Optimization Analysis – Studied various replacement alternatives based upon the unit retirement dates as determined by the Retirement Analysis. These replacement alternatives included demand side management (“DSM”) programs as well as a large array of supply side options that were optimized across all scenarios and sensitivities. Due to model limitations on simultaneously selectable alternatives as well as a desire to study different possibilities and risk, three portfolios and a final least cost plan were developed:

• Least Cost Optimization – Selectable resources included traditional fossil fuels as well as some

renewables. Gas alternatives tended to be favored by the model. • Low Emissions Optimization – Selectable resources included some gas alternatives, moderate

amounts of renewables, and nuclear power. The number of times gas alternatives could be selected was limited. Some additional smaller alternatives, such as reciprocating engines and biomass were also selectable. The gas alternatives tended to be favored after which renewables and nuclear were used to fill the remaining capacity gap by the model depending on the scenario or sensitivity.

• Renewable Optimization – Selectable resources included some gas alternatives and large amounts of renewables. The number of times gas alternatives could be selected was limited. The gas alternatives tended to be favored by the model after which renewables were used to fill the remaining capacity gap by the model depending on the scenario or sensitivity. In cases where a Renewable Energy Portfolio Standard was assumed, large renewable resources were grouped and scaled accordingly as to allow the model to run without erring out.

• Least Cost Plan – The least cost alternative as determined by the prior three optimizations was set into the model. This result was different from the Preferred Plan in that capacity purchases ceased in 2022.

Preferred Plan – Model parameters set based upon NIPSCO’s final decision. Single CCGT constructed with capacity purchases used to fill remaining gap across the planning horizon. Retirement assumptions were identical to the Optimization Analysis. DSM Optimization Explanation – DSM was optimized prior to the development of the three optimization portfolios and least cost plan. DSM alternatives were optimized against and array of gas and renewable alternatives. The number of programs selected varied across the sensitivities and scenarios. After the DSM programs were optimized for each scenario and sensitivity, they were set for each of the three portfolios and least cost plan in the respective scenario and sensitivity. Additional inquires as related to this optimization process would be best explained directly and with guidance from Edward Achaab and/or Andrew Kramer due to the large amount of files used in the process. In regards to final programs chosen, inquiries should be directed to Alison Becker and the DSM team.
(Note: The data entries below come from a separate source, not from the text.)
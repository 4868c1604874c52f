-- ===== src/Lib.antt =====
-- netlog-ai: a log analyser for networks. Modelled is the durable core of the program: the state database,
-- the tracking of entities that go down and come up, the streaming triage worker, the syslog listener's queue and
-- limits, the throttle of the audit log, the vault of masked entities, the log deduplicator, the incident store,
-- access control, the stability scores and the source manager.
--
-- The parts, with the files that model them:
--   * StateStore.antt: src/ai_log_analyzer/state_store.py, the SQLite state database `StateDB`, as tables with one
--     function for each operation. A `write()` block is one step, as BEGIN IMMEDIATE makes it.
--     StateStore/Spool.antt: the syslog spool with its prune (`spool_append`, `_spool_prune`, the reads);
--     StateStore/Lease.antt: `lease_acquire`, `lease_release`, `lease_valid`; StateStore/AuditLog.antt: the
--     hash-chained log; StateStore/Tickets.antt: triage tickets and their fence; StateStore/Incidents.antt: the
--     journal.
--   * EntityState.antt: src/ai_log_analyzer/entity_state.py. EntityState/Key.antt is `entity_key`,
--     EntityState/Tracker.antt
--     `EntityStateTracker.add`, EntityState/Flap.antt `_is_flapping`, EntityState/Status.antt `_state_for` and
--     `group_state`.
--   * Triage.antt: src/ai_log_analyzer/triage_worker.py. Triage/Drain.antt is the batch loop of `_ingest` on the
--     spool, Triage/Window.antt what `_process` makes of its rows; Triage/Merge.antt `_merge`;
--     Triage/Decide.antt `_decide` on the tickets;
--     Triage/Rate.antt the hourly limit; Triage/Sinks.antt the retry state and `_send`; Triage/Leader.antt
--     `_still_leader` on the leases. Triage/Handle.antt is
--     `_handle` with `_park` and `_put`, which composes them for one incident, and Triage/Tick.antt
--     `_run_active` and `run_once`, which compose
--     the reading of all sources, the handling of all incidents and the commit.
--   * Syslog.antt: src/ai_log_analyzer/sources/syslog.py. Syslog/Queue.antt is the way of a line from `_ingest`
--     through
--     `_flush` and the rounds of `_writer_loop` to the spool, with `_abandon` and the end of `close`;
--     Syslog/Admission.antt is the admission of connections in `_handle_conn`, Syslog/Framing.antt the
--     framing of their bytes in `_read_frame`.
--   * Audit.antt: src/ai_log_analyzer/audit.py, of which Audit/Throttle.antt models `record_throttled`,
--     with whether `record` gets its row appended.
--   * Vault.antt: src/ai_log_analyzer/sanitize_vault.py, the tokens of `SanitizeVault` and their reversal.
--   * Dedup.antt: src/ai_log_analyzer/dedup.py, the loop of `NetworkLogDeduplicator.deduplicate`.
--   * Memory.antt: src/ai_log_analyzer/memory.py, `SqliteIncidentStore`, a copy of the journal that other workers
--     append to. Memory/Growth.antt is about the journal, Memory/Coherence.antt about the copy;
--     Memory/File.antt is `IncidentStore`, the journal on a file.
--   * Access.antt: src/ai_log_analyzer/rbac.py, the principals of a configuration and `authenticate`.
--   * Stability.antt: src/ai_log_analyzer/stability.py, `StabilityTracker`; Stability/Report.antt is its `report`.
--   * Sources.antt: src/ai_log_analyzer/sources/manager.py, `SourceManager`.
--   * Prelude.antt: tests, lists, keyed tables, ascending ids and sorting, which the parts share.
--
-- The worker reads the spool in batches from its cursor, decides on each incident with the ticket that the
-- database holds, and delivers it while its lease is valid; the syslog listener's writer appends
-- to the spool. The listener's threads are steps in any order, each block under a lock being one, so
-- that a flush is two.
--
-- While a tick reads the rows of a source, these stay as they are; the sources may change between each other,
-- and between ticks.
--
-- Times are numbers of clock ticks, so that a sum of times is exact; where the source subtracts two times
-- and compares, the comparison is written with a sum. `random()` is a parameter, in thousandths.
-- The batch loop runs on fuel; one more than the number of unread rows is enough, since each round but
-- the last reads a row. So does the loop over the frames of a connection; one more than its bytes is enough, since
-- each round but the last reads a byte. Every other loop is structural.
--
-- Parameters, since their code is not the program's: the digests (SHA-256 of a JSON text or a token, SHA-1 of a
-- template), Python's text functions, SQLite's
-- LIKE, lower-casing, the parsing of time stamps, the listener's allow list, and
-- the calls of ticket sinks. The parsers, the classifier and other rules in
-- regular expressions are the program's own and are parameters where an answer of theirs is used. The candidates that
-- the window gives are a parameter of a tick, as is what each incident meets in it. Not modelled: sockets,
-- HTTP, threads, connections to SQLite, regular expressions, prompts and texts for readers.
mod Prelude
pub mod StateStore
pub mod EntityState
pub mod Triage
pub mod Syslog
pub mod Audit
pub mod Vault
pub mod Dedup
pub mod Memory
pub mod Access
pub mod Stability
pub mod Sources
Cause No. 44872, CAC Exhibit 1, Attachment EAS-2

EXHIBIT 6

Cause No. 44872, CAC Exhibit 1, Attachment EAS-2

2016 NIPSCO IRP Northern Indiana Public Service Company’s

Responses to Citizens Action Coalition’s Informal Data Request Set No. 2

CAC Informal Request 2-001:

Please provide the following:

1. Requested data items in Excel Format (SEE EXCEL DOCUMENT);

2. GAF System Report (at least one so that I can cross check against the information in request #1);

3. PRV System Cost Report;

4. Tunnel Report; and

5. Integrated Plan Report.

Response:

Attached, please find the Confidential Base Case Scenarios as requested in subparts (1) through (5).

Cause No. 44872, CAC Exhibit 1, Attachment EAS-2

EXHIBIT 7

Cause No. 44872, CAC Exhibit 1, Attachment EAS-2

2016 NIPSCO IRP Northern Indiana Public Service Company’s

Responses to Citizens Action Coalition’s Data Request Set No. 1

CAC Request 1-003:

Please provide a copy of NIPSCO’s 2016 submittal to the OMS-MISO survey with all formulas and links intact. Response:

Please see the file attached hereto as CAC Set 1-003 Confidential Attachment A for the OMS-MISO survey as submitted by NIPSCO which is being provided under the terms of the CONFIDENTIALITY AGREEMENT between Citizens Action Coalition and NIPSCO regarding NIPSCO’s 2016 IRP.